Results: In all paraplegics, bone mineral density parameters were significantly reduced compared to the control group (BMDtot: p<0.0005, BMDtrab: p<0.0005, BMDcort: p=0.029, THIcort: p=0.019, SSI(2): p=0.009, SSI(3): p=0.003, respectively). Paraplegics who used standing frames or long brace orthoses had statistically significant higher bone mass and geometric parameters (BMDtrab: p=0.03, BMDtot: p=0.01, THIcort: p=0.013, respectively), while spasticity did not protect bone. The duration of paralysis was significantly related to trabecular bone loss (r=-0.5, p=0.05) and cortical thickness (r=-0.6, p=0.006) in high paraplegics and to δSSI(3-2) in low paraplegics (r=0.534, p=0.03).

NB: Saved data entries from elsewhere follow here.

-- ===== src/Exports/Metadata.antt =====
-- src/exports/metadata.rs, and the names of src/exports/scan_planning.rs: the texts of the program
-- that DuckDB reads as C strings.
use duckdb_superhuman_docs.Base.{
  ℕ, ◌++◌, Text, List, [], ◌∷◌, String, Bool, false, Option, Error, codes, ◌-◌, ◌==◌, if◌then◌else◌,
}
use duckdb_superhuman_docs.Memory.{Heap, Ptr, static_ptr, and_maybe}
use duckdb_superhuman_docs.Memory.Strings.{FfiString, alloc_string, str_from_raw}
use duckdb_superhuman_docs.Ffi.Blocks.{Block, contents}
use duckdb_superhuman_docs.Exports.{Returns, building, writes, ffi_bool}

-- `b"…\0"`
abbrev pub nul_terminated : String → Text
nul_terminated text = codes text ++ 0 ∷ []

-- `c_static(value)`
abbrev pub c_static : Text → Ptr
c_static value = static_ptr value

abbrev pub extension_name : Text
extension_name = nul_terminated "superhuman_docs"

unfoldable pub rust_ext_extension_name : Ptr
rust_ext_extension_name = c_static extension_name

unfoldable pub rust_ext_unsupported_update_expression_message : Ptr
rust_ext_unsupported_update_expression_message =
    c_static (nul_terminated "Unsupported Superhuman Docs UPDATE expression type")

unfoldable pub rust_ext_row_id_column_name : Ptr
rust_ext_row_id_column_name = c_static (nul_terminated "rowid")

unfoldable pub rust_ext_insert_operator_name : Ptr
rust_ext_insert_operator_name = c_static (nul_terminated "SUPERHUMAN_DOCS_INSERT")

unfoldable pub rust_ext_update_operator_name : Ptr
rust_ext_update_operator_name = c_static (nul_terminated "SUPERHUMAN_DOCS_UPDATE")

unfoldable pub rust_ext_delete_operator_name : Ptr
rust_ext_delete_operator_name = c_static (nul_terminated "SUPERHUMAN_DOCS_DELETE")

dml_message : ℕ → String
dml_message operation =
    if operation == 0
    then "Superhuman Docs INSERT is not supported for this table"
    else if operation == 1
    then "Superhuman Docs UPDATE is not supported for this table"
    else if operation == 2
    then "Superhuman Docs DELETE is not supported for this table"
    else "Superhuman Docs DML is not supported for this table"

unfoldable pub rust_ext_dml_not_supported_message : ℕ → Ptr
unfolding dml_message
rust_ext_dml_not_supported_message operation = c_static (nul_terminated (dml_message operation))

-- the statements of the first fourteen operations
ddl_message : List String → ℕ → Text
ddl_message [] operation = codes "Superhuman Docs DDL is not supported"
ddl_message (statement ∷ rest) operation =
    if operation == 0
    then codes "Superhuman Docs DDL is not supported: " ++ codes statement
    else ddl_message rest (operation - 1)

abbrev ddl_statements : List String
ddl_statements =
    "CREATE SCHEMA" ∷ "DROP SCHEMA" ∷ "CREATE TABLE AS" ∷ "CREATE INDEX" ∷ "CREATE FUNCTION"
    ∷ "CREATE TABLE" ∷ "CREATE VIEW" ∷ "CREATE SEQUENCE" ∷ "CREATE TABLE FUNCTION"
    ∷ "CREATE COPY FUNCTION" ∷ "CREATE PRAGMA FUNCTION" ∷ "CREATE COLLATION" ∷ "CREATE TYPE"
    ∷ "ALTER" ∷ []

unfoldable pub rust_ext_ddl_not_supported_message : ℕ → Ptr
unfolding ddl_message
rust_ext_ddl_not_supported_message operation =
    c_static (ddl_message ddl_statements operation ++ 0 ∷ [])

unfoldable pub rust_ext_database_size_not_available_message : Ptr
rust_ext_database_size_not_available_message =
    c_static (nul_terminated "Superhuman Docs database size is not available")

returning_message : ℕ → String
returning_message operation =
    if operation == 0
    then "RETURNING is not supported for Superhuman Docs INSERT"
    else if operation == 1
    then "RETURNING is not supported for Superhuman Docs UPDATE"
    else if operation == 2
    then "RETURNING is not supported for Superhuman Docs DELETE"
    else "RETURNING is not supported for this Superhuman Docs extension operation"

unfoldable pub rust_ext_returning_not_supported_message : ℕ → Ptr
unfolding returning_message
rust_ext_returning_not_supported_message operation =
    c_static (nul_terminated (returning_message operation))

unfoldable pub rust_ext_explicit_transaction_not_supported_message : Ptr
rust_ext_explicit_transaction_not_supported_message = c_static (
    nul_terminated
      "Superhuman Docs does not support explicit DuckDB transactions; use autocommit statements")

unfoldable pub rust_ext_transaction_rollback_not_supported_message : Ptr
rust_ext_transaction_rollback_not_supported_message = c_static (
    nul_terminated
      "Superhuman Docs writes cannot be rolled back after they are sent; use autocommit statements")

abbrev pub rust_ext_supports_explicit_transactions : Bool
rust_ext_supports_explicit_transactions = false

abbrev pub rust_ext_supports_transaction_rollback : Bool
rust_ext_supports_transaction_rollback = false

unfoldable pub rust_ext_scan_function_name : Ptr
rust_ext_scan_function_name = c_static (nul_terminated "superhuman_docs_scan")

unfoldable pub rust_ext_scan_query_label : Ptr
rust_ext_scan_query_label = c_static (nul_terminated "Superhuman Docs Query")

unfoldable pub rust_ext_scan_sort_label : Ptr
rust_ext_scan_sort_label = c_static (nul_terminated "Superhuman Docs Sort")

unfoldable pub rust_ext_scan_limit_label : Ptr
rust_ext_scan_limit_label = c_static (nul_terminated "Superhuman Docs Limit")

unfoldable pub rust_ext_scan_column_index_out_of_range_message : Ptr
rust_ext_scan_column_index_out_of_range_message =
    c_static (nul_terminated "Superhuman Docs scan column index out of range")

unfoldable pub rust_ext_ddl_drop_entry_not_supported_message :
    {N S W : Type 0}
    → (Error → Text)
    → Ptr
    → ℕ
    → Option FfiString
    → Option FfiString
    → Heap (Block N S)
    → W
    → Returns (Block N S) W (Option FfiString)
unfolding ffi_bool writes alloc_string str_from_raw
rust_ext_ddl_drop_entry_not_supported_message display ptr len out error h w =
    ffi_bool display (codes "failed to build Superhuman Docs DDL error") error
      (λ h w. and_maybe (str_from_raw contents ptr len h) λ name. writes out (
        building
          (alloc_string contents (codes "Superhuman Docs DDL is not supported: DROP " ++ name)) h
          w))
      h w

Conclusions: The neurological level of injury adversely affects bone strength in paralyzed lower extremities such as the distal tibia. Standing or therapeutic walking could possibly have a positive effect in cortical and trabecular bone in paraplegia.
Keywords: bone loss; men; pQCT; paraplegia; spinal cord injury.
Conflict of interest statement
The authors have no conflict of interest.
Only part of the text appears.